Muslim Politics in India
Title | Muslim Politics in India PDF eBook |
Author | Srikanta Ghosh |
Publisher | APH Publishing |
Pages | 184 |
Release | 1987 |
Genre | Political Science |
ISBN | 9788170240709 |
Muslim Zion
Title | Muslim Zion PDF eBook |
Author | Faisal Devji |
Publisher | Hurst Publishers |
Pages | 286 |
Release | 2013 |
Genre | History |
ISBN | 1849042764 |
Originally published: London: C.Hurst & Co. (Publishers) Ltd., 2013.
Hindu Nationalism in India and the Politics of Fear
Title | Hindu Nationalism in India and the Politics of Fear PDF eBook |
Author | D. Anand |
Publisher | Springer |
Pages | 153 |
Release | 2016-04-30 |
Genre | Social Science |
ISBN | 0230339549 |
The representation of the Muslims as threatening to India's body politic is central to the Hindu nationalist project of organizing a political movement and normalizing anti-minority violence. Adopting a critical ethnographic approach, this book identifies the poetics and politics of fear and violence engendered within Hindu nationalism.

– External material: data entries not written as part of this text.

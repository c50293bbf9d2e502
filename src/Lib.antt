-- ===== src/Lib.antt =====
-- Verification of the QUIC library zngtcp2, by components of its lib/ directory.
--
-- A pointer into a packet is the list of the bytes from it to the end of the buffer; a function that
-- advances a pointer returns the new list. A function that can fail returns an `Outcome`: `err` is a
-- code NGTCP2_ERR_*, and `fault` is what must not happen, a read outside the buffer or a failed
-- `assert`. Integers are the natural numbers, with the wrap-around of a conversion or an addition
-- written out as `% 2 ^ w` where the source can reach it. Every loop is recursion on a list or a
-- number of steps, except the ones over the transport parameters and over the extensions of a
-- ClientHello: their fuel is the number of the bytes, or one more, which is enough since every round
-- takes at least one.
--
-- Base: the numbers, lists, tests and outcomes that all modules share.
-- Conv: lib/ngtcp2_conv.c. `get_uvarint` is ngtcp2_get_uvarint, and so on for every reader and
--   writer. Conv/Read compares the reader with the algorithm of RFC 9000, A.1, Conv/Write says
--   what the writers write, and that it is read back.
-- Frame: the frames of lib/ngtcp2_pkt.h, and of lib/ngtcp2_pkt.c ngtcp2_frame_decoder_decode and
--   ngtcp2_pkt_encode_frame with all the decoders and encoders that they call, on top of Conv. A
--   decoder of the source first measures the frame field by field and then reads the fields again;
--   Frame/Decode keeps both passes, their guards and the final `assert`. Frame/Layout is the layout
--   of each frame as RFC 9000 and RFC 9221 give it, read in one pass. Frame/Sound compares the two,
--   Frame/RoundTrip the encoders with Frame/Wire, which says what the bytes are. Frame/Size has
--   ngtcp2_pkt_stream_max_datalen and ngtcp2_pkt_crypto_max_datalen.
-- Packet: ngtcp2_pkt_adjust_pkt_num (with the packet numbers that Conv writes),
--   ngtcp2_pkt_validate_ack (on the ACK frames of Frame), ngtcp2_pkt_decode_version_cid, the
--   Version Negotiation packets that it and ngtcp2_pkt_decode_version_negotiation read, and the four
--   codecs ngtcp2_pkt_decode_hd_* and ngtcp2_pkt_encode_hd_* of packet headers, Retry packets
--   (ngtcp2_pkt_write_retry, ngtcp2_pkt_decode_retry, ngtcp2_pkt_verify_retry_tag) and Stateless
--   Reset packets, and ngtcp2_pkt_find_server_name, the search of a ClientHello, all of
--   lib/ngtcp2_pkt.c. Packet/Header/Layout is the layout of a long header, read in one pass. The
--   callback `encrypt_retry` of the application is a parameter, of which the theorems ask only that
--   it makes 16 bytes.
-- Reorder: lib/ngtcp2_reorder.c, the buffer of stream data that arrives out of order, with a list for
--   the linked list of entries. Reorder/Content gives its abstract view, the byte at each offset.
-- GapTracker: lib/ngtcp2_gaptr.c with lib/ngtcp2_range.c, and lib/ngtcp2_idtr.c, which tracks stream
--   IDs by it. The skip list of lib/ngtcp2_ksl.c is the list of its keys.
-- RateLimit: lib/ngtcp2_ratelim.c, a token bucket; RateLimit/Bucket compares it with one that neither
--   rounds nor overflows.
-- Pmtud: lib/ngtcp2_pmtud.c, the search for the payload size of a path, as a state machine.
--   Pmtud/Run is about all sequences of its events, Pmtud/Ends about lost probes.
-- RingBuf: lib/ngtcp2_ringbuf.c, the indices of a ring buffer, whose slots the caller fills.
-- Params: lib/ngtcp2_transport_params.c. Params/Encode is
--   ngtcp2_transport_params_encode_versioned, its two passes as lists of what the parameters add, and
--   Params/Decode/Whole ngtcp2_transport_params_decode_versioned. Params/Safe is about any bytes,
--   Params/RoundTrip about those that are sent. Both stand on Conv.
-- Congestion: lib/ngtcp2_cc.c, the NewReno and CUBIC controllers on the statistics of
--   lib/ngtcp2_conn_stat.h, with ngtcp2_cbrt.
-- AckTracker: lib/ngtcp2_acktr.c, the packets to acknowledge. The frame that it makes is one of Frame,
--   and passes ngtcp2_pkt_validate_ack of Packet. AckTracker/Tracked says which packets the entries
--   stand for, AckTracker/Reach has the steps of the tracker.
-- WindowFilter: lib/ngtcp2_window_filter.c, the best sample of a window, by three estimates.
--
-- Not modelled: the connection (lib/ngtcp2_conn.c), loss recovery (lib/ngtcp2_rtb.c), BBR and streams;
-- of lib/ngtcp2_pkt.c the functions ngtcp2_pkt_next_tx_*, which get a buffer and call a writer, and
-- those that split and shuffle CRYPTO data by random numbers; memory management and containers; packet
-- protection, which is calls of a TLS library; logging; the examples and the vendored HTTP parser.
mod Base
pub mod Conv
pub mod Frame
pub mod Packet
pub mod Reorder
pub mod RateLimit
pub mod Pmtud
pub mod GapTracker
pub mod RingBuf
pub mod Params
pub mod Congestion
pub mod AckTracker
pub mod WindowFilter
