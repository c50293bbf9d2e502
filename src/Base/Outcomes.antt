-- ===== src/Base/Outcomes.antt =====
-- The result of a fallible function of the library.
use mathlib.Core.Bool.{Bool, true, false}

-- The NGTCP2_ERR_* codes that the modelled functions return.
pub data Error : Type 0 where
  invalid_argument nobuf proto ack_frame stream_in_use frame_encoding invalid_state nomem : Error
  malformed_transport_param buf_contract callback_failure : Error

-- `fault` is no value of the source: it stands for a read outside the buffer, a failed `assert`, or
-- a call of `ngtcp2_unreachable`.
pub data Outcome {ℓ} (A : Type ℓ) : Type ℓ where
  ok : A → Outcome A
  err : Error → Outcome A
  fault : Outcome A

infixl 5 ◌>>=◌ ◌>>◌
abbrev pub ◌>>=◌ {ℓ κ} : {A : Type ℓ} {B : Type κ} → Outcome A → (A → Outcome B) → Outcome B
ok a >>= f = f a
err e >>= f = err e
fault >>= f = fault

abbrev pub ◌>>◌ {ℓ} : {B : Type ℓ} → Outcome (Unit {0}) → Outcome B → Outcome B
m >> k = m >>= λ _. k

-- `if (!b) return e;`
abbrev pub guard : Bool → Error → Outcome (Unit {0})
guard true e = ok tt
guard false e = err e

-- `assert(b);`
abbrev pub assert : Bool → Outcome (Unit {0})
assert true = ok tt
assert false = fault
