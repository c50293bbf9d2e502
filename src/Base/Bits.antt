-- ===== src/Base/Bits.antt =====
-- Bit operations on a byte, by trying every value.
use Prim.Native.Nat.{ℕ, zero, suc, ◌+◌, ◌<◌, bit_or}
use mathlib.Core.Path.{◌≡◌, refl}
use mathlib.Core.Logic.{◌⊎◌, inl, inr}
use mathlib.Core.Bool.{Bool, true, ◌&&◌}
use native.Mathlib.Omega.{arith}
use zngtcp.Base.Tests.{◌==◌}

-- Under the bound, `bit_or` with the flag adds it.
unfoldable adds_flag : (flag bound : ℕ) → Bool
adds_flag flag zero = true
adds_flag flag (suc k) = adds_flag flag k && (bit_or k flag == k + flag)

bit_or-add :
    (flag bound : ℕ) → adds_flag flag bound ≡ true → {x : ℕ} → x < bound → bit_or x flag ≡ x + flag
unfolding adds_flag
bit_or-add flag zero found h = absurd (omega (arith, h))
bit_or-add flag (suc k) found {x} h =
    let last_or_below : (x ≡ k) ⊎ (x < k) = omega (arith, h) in
    elim last_or_below [
      | inl last ↦ ground (arith, last, found)
      | inr below ↦ bit_or-add flag k (ground (arith, found)) below
    ]

-- Setting the two top bits of a byte that has them clear.
pub or_0x40 : (x : ℕ) → x < 64 → bit_or x 0x40 ≡ x + 64
unfolding adds_flag
or_0x40 x = bit_or-add 0x40 64 refl

pub or_0x80 : (x : ℕ) → x < 64 → bit_or x 0x80 ≡ x + 128
unfolding adds_flag
or_0x80 x = bit_or-add 0x80 64 refl

pub or_0xc0 : (x : ℕ) → x < 64 → bit_or x 0xc0 ≡ x + 192
unfolding adds_flag
or_0xc0 x = bit_or-add 0xc0 64 refl
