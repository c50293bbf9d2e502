-- ===== src/Base/Masks.antt =====
-- `(a & ~mask) | b`: digits put into the low places of a number that has zeros there.
use Prim.Native.Nat.{
  ℕ, zero, suc, ◌+◌, ◌*◌, ◌/◌, ◌%◌, ◌^◌, ◌≤◌, ◌<◌, max, digits, bit_or, bit_or-bitwise,
}
use mathlib.Core.Path.{◌≡◌, refl, ap, ◌∙◌}
use native.Mathlib.Omega.{arith}

double : (q w : ℕ) → q * (w + w) ≡ q * w + q * w
double q w = omega arith

power_twice : (k : ℕ) → 2 ^ suc k ≡ 2 ^ k + 2 ^ k
power_twice k = ground arith

low_digits : (k n a b q : ℕ) → a ≤ n → a ≡ q * 2 ^ k → b < 2 ^ k → digits (λ b. b) max n a b ≡ a + b
low_digits k zero a b q bound e h = omega (arith, bound)
low_digits k (suc n) zero b q bound e h = omega arith
low_digits zero (suc n) (suc a) b q bound e h =
    let rest =
      low_digits zero n (suc a / 2) (b / 2) (suc a / 2) (omega arith) (omega arith) (omega arith) in
    omega (arith, rest, h)
low_digits (suc k) (suc n) (suc a) b q bound e h =
    let twice : q * 2 ^ suc k ≡ q * 2 ^ k + q * 2 ^ k =
      ap (λ w. q * w) (power_twice k) ∙ double q (2 ^ k) in
    let half : suc a / 2 ≡ q * 2 ^ k = omega (arith, e, twice) in
    let even : suc a % 2 ≡ 0 = omega (arith, e, twice) in
    let rest =
      low_digits k n (suc a / 2) (b / 2) q (omega arith) half (omega (arith, h, power_twice k)) in
    omega (arith, rest, even)

pub bit_or-low : (q k b : ℕ) → b < 2 ^ k → bit_or (q * 2 ^ k) b ≡ q * 2 ^ k + b
bit_or-low q k b h =
    bit_or-bitwise (q * 2 ^ k) b ∙ low_digits k (q * 2 ^ k) (q * 2 ^ k) b q (omega arith) refl h
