-- ===== src/Frame.antt =====
-- The frames of lib/ngtcp2_pkt.h. A union of structs is a data type with a constructor for each
-- struct; a struct whose `type` never varies has no field for it. A buffer is the list of its bytes,
-- an array of `ngtcp2_vec` the list of the buffers that it points to.
pub mod FrameType
pub mod Cursor
pub mod Decode
pub mod Encode
pub mod Layout
pub mod Sound
pub mod Wire
pub mod Sendable
pub mod Size
pub mod RoundTrip
pub mod Examples
use zngtcp.Base.{ℕ, List, Option, Bool}

-- `ngtcp2_stream`, of STREAM and CRYPTO frames. `txbuf` is present if `txbuf_present` is set.
pub record Stream : Type 0 where
  pub flags : ℕ
  pub fin : Bool
  pub stream_id : ℕ
  pub offset : ℕ
  pub payload : List (List ℕ)
  pub txbuf : Option (List ℕ)

pub record AckRange : Type 0 where
  pub gap : ℕ
  pub len : ℕ

pub record Ecn : Type 0 where
  pub ect0 : ℕ
  pub ect1 : ℕ
  pub ce : ℕ

-- `type` is NGTCP2_FRAME_ACK_ECN where `ecn` is present, and NGTCP2_FRAME_ACK where it is not.
pub record Ack : Type 0 where
  pub largest_ack : ℕ
  pub ack_delay : ℕ
  pub ack_delay_unscaled : ℕ
  pub ecn : Option Ecn
  pub first_ack_range : ℕ
  pub ranges : List AckRange

pub record ConnectionClose : Type 0 where
  pub type : ℕ
  pub error_code : ℕ
  pub frame_type : ℕ
  pub reason : List ℕ

pub record NewConnectionId : Type 0 where
  pub seq : ℕ
  pub retire_prior_to : ℕ
  pub cid : List ℕ
  pub token : List ℕ

-- `dgram_id` and `txbuf` of the struct belong to the sender's queue, and neither is encoded.
pub record Datagram : Type 0 where
  pub type : ℕ
  pub payload : List (List ℕ)

pub data Frame : Type 0 where
  padding : (len : ℕ) → Frame
  ping : Frame
  ack : Ack → Frame
  reset_stream : (stream_id app_error_code final_size : ℕ) → Frame
  stop_sending : (stream_id app_error_code : ℕ) → Frame
  crypto : Stream → Frame
  new_token : (token : List ℕ) → Frame
  stream : Stream → Frame
  max_data : (max_data : ℕ) → Frame
  max_stream_data : (stream_id max_stream_data : ℕ) → Frame
  max_streams : (type max_streams : ℕ) → Frame
  data_blocked : (offset : ℕ) → Frame
  stream_data_blocked : (stream_id offset : ℕ) → Frame
  streams_blocked : (type max_streams : ℕ) → Frame
  new_connection_id : NewConnectionId → Frame
  retire_connection_id : (seq : ℕ) → Frame
  path_challenge : (payload : List ℕ) → Frame
  path_response : (payload : List ℕ) → Frame
  connection_close : ConnectionClose → Frame
  handshake_done : Frame
  datagram : Datagram → Frame

-- NGTCP2_MAX_ACK_RANGES, NGTCP2_MIN_CIDLEN, NGTCP2_MAX_CIDLEN, NGTCP2_STATELESS_RESET_TOKENLEN
abbrev pub max_ack_ranges : ℕ
max_ack_ranges = 32

abbrev pub min_cidlen : ℕ
min_cidlen = 1

abbrev pub max_cidlen : ℕ
max_cidlen = 20

abbrev pub tokenlen : ℕ
tokenlen = 16
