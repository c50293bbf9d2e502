-- ===== src/AckTracker.antt =====
-- lib/ngtcp2_acktr.c: the packet numbers that are still to be acknowledged. The skip list of entries is
-- the list of them, from the largest packet number down, and the ring buffer of the ACK frames that
-- were sent is the list of its elements, the latest first. Packet numbers are below 2 ^ 62, so the
-- source's 64-bit integers do not overflow; -1 for no packet is `none`. New entries are given memory. The
-- counts of `ecn.ack` belong to the connection, which alone uses them.
pub mod Tracked
pub mod Acknowledged
pub mod Add
pub mod Trim
pub mod Acked
pub mod Passed
pub mod Remove
pub mod Reach
pub mod Create
pub mod Examples
pub mod Insert
pub mod Frames
use zngtcp.Base.{
  ℕ, zero, suc, ◌+◌, ◌-◌, ◌*◌, ◌/◌, ◌%◌, ◌^◌, min, List, [], ◌∷◌, Option, none, some, Bool, true,
  false, not, ◌&&◌, ◌||◌, Outcome, ok, fault, ◌>>=◌, ◌>>◌, assert, ltb, leb, ◌==◌, length, take,
  drop, get_elem?, if◌then◌else◌,
}
use zngtcp.Frame.{Ack, AckRange, Ecn, max_ack_ranges}

abbrev pub uint64_max : ℕ
uint64_max = 2 ^ 64 - 1

-- NGTCP2_ACKTR_MAX_ENT
abbrev pub max_ent : ℕ
max_ent = max_ack_ranges + 1

-- `len` packets, from `pkt_num` down
pub record AcktrEntry : Type 0 where
  pub pkt_num : ℕ
  pub len : ℕ
  pub tstamp : ℕ

-- An ACK frame of the packet `pkt_num`
pub record AckEntry : Type 0 where
  pub largest_ack : ℕ
  pub pkt_num : ℕ

pub record AckTracker : Type 0 where
  pub acks : List AckEntry
  pub ents : List AcktrEntry
  pub first_unacked_ts : ℕ
  pub rx_npkt : ℕ
  pub max_pkt_num : Option ℕ
  pub max_pkt_ts : ℕ
  pub ecn : Ecn
  pub immediate_ack : Bool
  pub active_ack : Bool
  pub cancel_timer : Bool

abbrev pub acktr_init : AckTracker
acktr_init = record {
  acks = [];
  ents = [];
  first_unacked_ts = uint64_max;
  rx_npkt = 0;
  max_pkt_num = none;
  max_pkt_ts = uint64_max;
  ecn = record { ect0 = 0; ect1 = 0; ce = 0 };
  immediate_ack = false;
  active_ack = false;
  cancel_timer = false;
}

abbrev pub new_entry : ℕ → ℕ → AcktrEntry
new_entry pkt_num ts = record { pkt_num = pkt_num; len = 1; tstamp = ts }

-- All before `ngtcp2_ksl_lower_bound` of `key`
unfoldable pub above : ℕ → List AcktrEntry → List AcktrEntry
above key [] = []
above key (e ∷ es) = let rest = above key es in if ltb key e.pkt_num then e ∷ rest else []

unfoldable pub from_key : ℕ → List AcktrEntry → List AcktrEntry
from_key key [] = []
from_key key (e ∷ es) = let rest = from_key key es in if ltb key e.pkt_num then rest else e ∷ es

unfoldable pub forget : AckTracker → ℕ → Outcome AckTracker
unfolding above from_key
forget t pkt_num = elim (from_key pkt_num t.ents) [
  | [] ↦ fault
  | e ∷ es ↦ (do assert (e.pkt_num == pkt_num); ok (record t { ents = above pkt_num t.ents }))
]

unfoldable pub acktr_empty : AckTracker → Bool
acktr_empty t = length t.ents == 0

-- `ngtcp2_ringbuf_push_front` drops the last of 32 elements.
unfoldable pub add_ack : AckTracker → ℕ → ℕ → AckTracker
add_ack t pkt_num largest_ack = record t {
  acks = take 32 (record { largest_ack = largest_ack; pkt_num = pkt_num } ∷ t.acks);
}

-- The last entry loses what is acknowledged.
unfoldable pub trim_last : ℕ → List AcktrEntry → Outcome (List AcktrEntry)
trim_last largest_ack [] = ok []
trim_last largest_ack (e ∷ []) = do
  assert (ltb largest_ack e.pkt_num)
  ok (
      if ltb e.pkt_num (largest_ack + e.len)
      then record e { len = e.pkt_num - largest_ack } ∷ []
      else e ∷ [])
trim_last largest_ack (e ∷ f ∷ es) = do es' ← trim_last largest_ack (f ∷ es); ok (e ∷ es')

unfoldable pub on_ack : AckTracker → ℕ → Outcome AckTracker
unfolding above trim_last
on_ack t j = elim (get_elem? t.acks j) [
  | none ↦ fault
  | some a ↦ (do
    es ← trim_last a.largest_ack (above a.largest_ack t.ents)
    ok (record t { ents = es; acks = take j t.acks }))
]

-- The index of the latest ACK that was sent in a packet up to `largest_ack`; the number of ACKs where
-- there is none
unfoldable pub sent_before : ℕ → List AckEntry → ℕ
sent_before largest_ack [] = 0
sent_before largest_ack (a ∷ acks) =
    let next = sent_before largest_ack acks in if leb a.pkt_num largest_ack then 0 else suc next

abbrev pub shifted : ℕ → Option ℕ → Option ℕ
shifted k o = elim o [ none ↦ none | some i ↦ some (k + i) ]

-- The loop over the ranges, for the ACKs from the one at hand on. The ranges are those of a frame that
-- `ngtcp2_pkt_validate_ack` takes, so no difference is negative.
unfoldable pub match_ranges : ℕ → List AckRange → List AckEntry → Option ℕ
unfolding sent_before
match_ranges min_ack [] acks = none
match_ranges min_ack (r ∷ rs) acks =
    let largest = min_ack - (r.gap + 2) in
    let smallest = largest - r.len in
    let k = sent_before largest acks in
    let later = match_ranges smallest rs (drop k acks) in
    elim (get_elem? acks k) [
      | none ↦ none
      | some a ↦ if leb smallest a.pkt_num then some k else shifted k later
    ]

-- The ACK that `fr` acknowledges, if there is one
unfoldable pub acked_index : List AckEntry → Ack → Option ℕ
unfolding sent_before match_ranges
acked_index acks fr =
    let j = sent_before fr.largest_ack acks in
    let smallest = fr.largest_ack - fr.first_ack_range in
    let later = match_ranges smallest fr.ranges (drop j acks) in
    elim (get_elem? acks j) [
      | none ↦ none
      | some a ↦ if leb smallest a.pkt_num then some j else shifted j later
    ]

unfoldable pub acktr_recv_ack : AckTracker → Ack → Outcome AckTracker
unfolding acked_index
acktr_recv_ack t fr = elim (acked_index t.acks fr) [ none ↦ ok t | some j ↦ on_ack t j ]

unfoldable pub commit_ack : AckTracker → AckTracker
commit_ack t = record t {
  active_ack = false;
  immediate_ack = false;
  cancel_timer = false;
  first_unacked_ts = uint64_max;
  rx_npkt = 0;
}

unfoldable pub acktr_immediate_ack : AckTracker → AckTracker
acktr_immediate_ack t = record t { immediate_ack = true }

-- NGTCP2_ECN_MASK is 3, and the code points are 2, 1 and 3.
unfoldable pub counted : Ecn → ℕ → Ecn
counted counts ecn =
    if ecn % 4 == 2
    then record counts { ect0 = (counts.ect0 + 1) % 2 ^ 64 }
    else if ecn % 4 == 1
    then record counts { ect1 = (counts.ect1 + 1) % 2 ^ 64 }
    else if ecn % 4 == 3
    then record counts { ce = (counts.ce + 1) % 2 ^ 64 }
    else counts

unfoldable pub increase_ecn_counts : AckTracker → ℕ → AckTracker
unfolding counted
increase_ecn_counts t ecn = record t { ecn = counted t.ecn ecn }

The Politics of Islamic Law
Title | The Politics of Islamic Law PDF eBook |
Author | Iza R. Hussin |
Publisher | University of Chicago Press |
Pages | 360 |
Release | 2016-03-31 |
Genre | Law |
ISBN | 022632348X |
In The Politics of Islamic Law, Iza Hussin compares India, Malaya, and Egypt during the British colonial period in order to trace the making and transformation of the contemporary category of ‘Islamic law.’ She demonstrates that not only is Islamic law not the shari’ah, its present institutional forms, substantive content, symbolic vocabulary, and relationship to state and society—in short, its politics—are built upon foundations laid during the colonial encounter. Drawing on extensive archival work in English, Arabic, and Malay—from court records to colonial and local papers to private letters and visual material—Hussin offers a view of politics in the colonial period as an iterative series of negotiations between local and colonial powers in multiple locations. She shows how this resulted in a paradox, centralizing Islamic law at the same time that it limited its reach to family and ritual matters, and produced a transformation in the Muslim state, providing the frame within which Islam is articulated today, setting the agenda for ongoing legislation and policy, and defining the limits of change. Combining a genealogy of law with a political analysis of its institutional dynamics, this book offers an up-close look at the ways in which global transformations are realized at the local level.